▸ **Assigned task**: Beneath this line are the data; copy exactly the part of them that opens with the line containing "command_loop-line fuel alloc p []" and closes with the line containing "inl e ↦ rw e (λ h. cc)", and only that part.

▸ **Extracted material**:
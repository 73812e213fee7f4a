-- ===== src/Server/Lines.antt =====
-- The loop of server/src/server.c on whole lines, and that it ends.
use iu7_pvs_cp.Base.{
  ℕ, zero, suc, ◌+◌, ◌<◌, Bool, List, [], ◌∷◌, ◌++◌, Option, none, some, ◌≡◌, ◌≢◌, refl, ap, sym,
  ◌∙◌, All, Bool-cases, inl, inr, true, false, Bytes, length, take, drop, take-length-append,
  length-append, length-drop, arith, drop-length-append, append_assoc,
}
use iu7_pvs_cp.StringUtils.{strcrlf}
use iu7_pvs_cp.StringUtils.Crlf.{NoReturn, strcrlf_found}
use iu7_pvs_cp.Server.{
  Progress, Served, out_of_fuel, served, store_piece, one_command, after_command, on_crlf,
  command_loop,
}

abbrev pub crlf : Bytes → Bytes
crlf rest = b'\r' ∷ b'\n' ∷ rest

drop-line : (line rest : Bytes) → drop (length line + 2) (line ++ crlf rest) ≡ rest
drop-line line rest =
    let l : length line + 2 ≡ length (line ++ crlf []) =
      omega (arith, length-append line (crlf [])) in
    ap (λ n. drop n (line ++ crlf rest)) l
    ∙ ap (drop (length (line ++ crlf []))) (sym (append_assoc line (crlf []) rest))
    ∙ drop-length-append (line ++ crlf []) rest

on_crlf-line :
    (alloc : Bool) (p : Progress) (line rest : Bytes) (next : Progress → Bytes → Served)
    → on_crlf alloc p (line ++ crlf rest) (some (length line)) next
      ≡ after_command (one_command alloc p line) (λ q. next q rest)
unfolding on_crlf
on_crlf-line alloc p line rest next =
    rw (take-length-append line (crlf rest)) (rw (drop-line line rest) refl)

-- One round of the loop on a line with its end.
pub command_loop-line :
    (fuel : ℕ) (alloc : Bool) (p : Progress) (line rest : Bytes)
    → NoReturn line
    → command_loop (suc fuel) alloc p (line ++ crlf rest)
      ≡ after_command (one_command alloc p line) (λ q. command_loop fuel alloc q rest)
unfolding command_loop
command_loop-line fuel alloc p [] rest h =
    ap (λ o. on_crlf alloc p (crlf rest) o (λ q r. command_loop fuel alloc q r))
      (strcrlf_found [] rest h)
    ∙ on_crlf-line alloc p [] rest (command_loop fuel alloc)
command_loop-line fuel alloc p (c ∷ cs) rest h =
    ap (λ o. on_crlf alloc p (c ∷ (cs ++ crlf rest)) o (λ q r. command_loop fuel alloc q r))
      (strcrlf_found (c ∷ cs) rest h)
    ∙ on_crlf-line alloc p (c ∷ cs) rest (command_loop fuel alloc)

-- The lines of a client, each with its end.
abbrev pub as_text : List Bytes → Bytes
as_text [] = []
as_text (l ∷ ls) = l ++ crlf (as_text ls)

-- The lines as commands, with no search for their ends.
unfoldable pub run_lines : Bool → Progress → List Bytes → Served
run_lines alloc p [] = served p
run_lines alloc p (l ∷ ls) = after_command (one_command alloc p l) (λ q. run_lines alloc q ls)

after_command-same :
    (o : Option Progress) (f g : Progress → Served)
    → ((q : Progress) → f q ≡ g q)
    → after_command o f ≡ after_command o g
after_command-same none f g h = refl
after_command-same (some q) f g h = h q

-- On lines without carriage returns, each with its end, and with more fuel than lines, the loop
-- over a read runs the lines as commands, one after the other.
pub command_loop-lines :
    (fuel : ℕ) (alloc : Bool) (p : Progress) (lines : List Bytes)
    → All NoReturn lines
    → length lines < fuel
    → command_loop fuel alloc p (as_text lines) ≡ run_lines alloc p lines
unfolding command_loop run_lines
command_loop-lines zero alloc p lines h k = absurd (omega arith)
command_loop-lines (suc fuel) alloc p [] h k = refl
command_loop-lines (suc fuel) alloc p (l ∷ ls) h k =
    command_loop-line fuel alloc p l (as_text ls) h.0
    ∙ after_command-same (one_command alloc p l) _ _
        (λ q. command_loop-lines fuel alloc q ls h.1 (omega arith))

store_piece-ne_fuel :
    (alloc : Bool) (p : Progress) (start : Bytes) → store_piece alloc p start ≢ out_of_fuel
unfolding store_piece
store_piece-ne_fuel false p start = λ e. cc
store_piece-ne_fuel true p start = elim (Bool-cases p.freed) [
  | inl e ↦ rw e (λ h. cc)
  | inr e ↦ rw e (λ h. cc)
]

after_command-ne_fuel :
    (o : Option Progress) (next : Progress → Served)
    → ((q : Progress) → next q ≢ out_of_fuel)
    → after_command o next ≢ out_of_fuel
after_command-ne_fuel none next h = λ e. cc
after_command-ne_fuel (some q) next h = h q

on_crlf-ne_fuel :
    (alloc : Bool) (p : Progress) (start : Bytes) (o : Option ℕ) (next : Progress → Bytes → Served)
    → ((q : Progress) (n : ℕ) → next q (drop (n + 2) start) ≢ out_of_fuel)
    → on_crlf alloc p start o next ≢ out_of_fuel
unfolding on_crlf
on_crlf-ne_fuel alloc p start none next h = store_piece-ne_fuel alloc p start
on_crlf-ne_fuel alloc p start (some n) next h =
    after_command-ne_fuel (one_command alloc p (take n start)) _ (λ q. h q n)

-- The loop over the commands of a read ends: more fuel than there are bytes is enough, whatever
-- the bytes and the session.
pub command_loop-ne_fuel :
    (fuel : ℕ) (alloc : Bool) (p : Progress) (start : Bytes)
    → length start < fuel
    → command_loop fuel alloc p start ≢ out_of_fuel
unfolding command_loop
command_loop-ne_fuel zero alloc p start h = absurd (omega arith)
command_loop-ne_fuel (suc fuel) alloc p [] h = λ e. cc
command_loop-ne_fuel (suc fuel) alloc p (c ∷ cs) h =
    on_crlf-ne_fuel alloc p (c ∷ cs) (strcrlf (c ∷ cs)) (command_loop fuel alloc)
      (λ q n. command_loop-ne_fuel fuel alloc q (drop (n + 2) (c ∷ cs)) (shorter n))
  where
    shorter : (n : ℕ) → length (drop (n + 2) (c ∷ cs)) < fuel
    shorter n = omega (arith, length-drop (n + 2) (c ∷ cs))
---
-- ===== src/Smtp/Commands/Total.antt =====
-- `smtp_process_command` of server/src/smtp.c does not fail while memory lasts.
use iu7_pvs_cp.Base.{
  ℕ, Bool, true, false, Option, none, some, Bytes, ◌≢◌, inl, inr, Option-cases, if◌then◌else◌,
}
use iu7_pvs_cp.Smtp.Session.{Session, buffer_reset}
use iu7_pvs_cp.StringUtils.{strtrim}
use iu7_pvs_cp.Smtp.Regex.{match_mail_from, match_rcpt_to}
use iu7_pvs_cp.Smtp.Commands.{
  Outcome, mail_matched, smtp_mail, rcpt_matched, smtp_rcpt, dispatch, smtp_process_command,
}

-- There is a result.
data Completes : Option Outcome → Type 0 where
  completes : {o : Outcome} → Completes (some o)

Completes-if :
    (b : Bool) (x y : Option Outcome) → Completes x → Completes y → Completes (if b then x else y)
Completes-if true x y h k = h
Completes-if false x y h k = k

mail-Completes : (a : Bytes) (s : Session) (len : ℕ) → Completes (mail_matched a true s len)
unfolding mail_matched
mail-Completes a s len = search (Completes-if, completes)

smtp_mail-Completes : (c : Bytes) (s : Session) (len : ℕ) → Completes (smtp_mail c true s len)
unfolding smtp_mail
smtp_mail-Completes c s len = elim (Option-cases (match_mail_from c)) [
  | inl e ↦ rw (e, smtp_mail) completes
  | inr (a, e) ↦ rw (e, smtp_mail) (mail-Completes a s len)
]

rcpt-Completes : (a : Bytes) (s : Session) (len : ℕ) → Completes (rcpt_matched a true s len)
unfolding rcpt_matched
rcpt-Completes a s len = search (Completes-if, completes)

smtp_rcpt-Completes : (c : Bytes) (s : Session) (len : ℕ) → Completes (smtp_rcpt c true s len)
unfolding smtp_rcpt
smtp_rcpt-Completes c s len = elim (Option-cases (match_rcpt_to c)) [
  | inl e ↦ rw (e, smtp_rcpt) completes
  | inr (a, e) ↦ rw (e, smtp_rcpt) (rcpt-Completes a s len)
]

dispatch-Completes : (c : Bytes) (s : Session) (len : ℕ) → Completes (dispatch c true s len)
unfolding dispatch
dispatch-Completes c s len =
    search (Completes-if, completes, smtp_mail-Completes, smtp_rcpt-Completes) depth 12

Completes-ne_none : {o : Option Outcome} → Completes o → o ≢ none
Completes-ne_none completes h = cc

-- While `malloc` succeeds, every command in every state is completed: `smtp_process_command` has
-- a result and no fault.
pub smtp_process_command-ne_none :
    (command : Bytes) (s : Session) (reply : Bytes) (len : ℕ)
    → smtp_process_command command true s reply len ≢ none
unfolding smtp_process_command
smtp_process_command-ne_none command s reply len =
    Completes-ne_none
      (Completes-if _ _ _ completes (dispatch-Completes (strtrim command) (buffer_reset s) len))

▸ **Result of the exercise**:
command_loop-line fuel alloc p [] rest h =
    ap (λ o. on_crlf alloc p (crlf rest) o (λ q r. command_loop fuel alloc q r))
      (strcrlf_found [] rest h)
    ∙ on_crlf-line alloc p [] rest (command_loop fuel alloc)
command_loop-line fuel alloc p (c ∷ cs) rest h =
    ap (λ o. on_crlf alloc p (c ∷ (cs ++ crlf rest)) o (λ q r. command_loop fuel alloc q r))
      (strcrlf_found (c ∷ cs) rest h)
    ∙ on_crlf-line alloc p (c ∷ cs) rest (command_loop fuel alloc)

-- The lines of a client, each with its end.
abbrev pub as_text : List Bytes → Bytes
as_text [] = []
as_text (l ∷ ls) = l ++ crlf (as_text ls)

-- The lines as commands, with no search for their ends.
unfoldable pub run_lines : Bool → Progress → List Bytes → Served
run_lines alloc p [] = served p
run_lines alloc p (l ∷ ls) = after_command (one_command alloc p l) (λ q. run_lines alloc q ls)

after_command-same :
    (o : Option Progress) (f g : Progress → Served)
    → ((q : Progress) → f q ≡ g q)
    → after_command o f ≡ after_command o g
after_command-same none f g h = refl
after_command-same (some q) f g h = h q

-- On lines without carriage returns, each with its end, and with more fuel than lines, the loop
-- over a read runs the lines as commands, one after the other.
pub command_loop-lines :
    (fuel : ℕ) (alloc : Bool) (p : Progress) (lines : List Bytes)
    → All NoReturn lines
    → length lines < fuel
    → command_loop fuel alloc p (as_text lines) ≡ run_lines alloc p lines
unfolding command_loop run_lines
command_loop-lines zero alloc p lines h k = absurd (omega arith)
command_loop-lines (suc fuel) alloc p [] h k = refl
command_loop-lines (suc fuel) alloc p (l ∷ ls) h k =
    command_loop-line fuel alloc p l (as_text ls) h.0
    ∙ after_command-same (one_command alloc p l) _ _
        (λ q. command_loop-lines fuel alloc q ls h.1 (omega arith))

store_piece-ne_fuel :
    (alloc : Bool) (p : Progress) (start : Bytes) → store_piece alloc p start ≢ out_of_fuel
unfolding store_piece
store_piece-ne_fuel false p start = λ e. cc
store_piece-ne_fuel true p start = elim (Bool-cases p.freed) [
  | inl e ↦ rw e (λ h. cc)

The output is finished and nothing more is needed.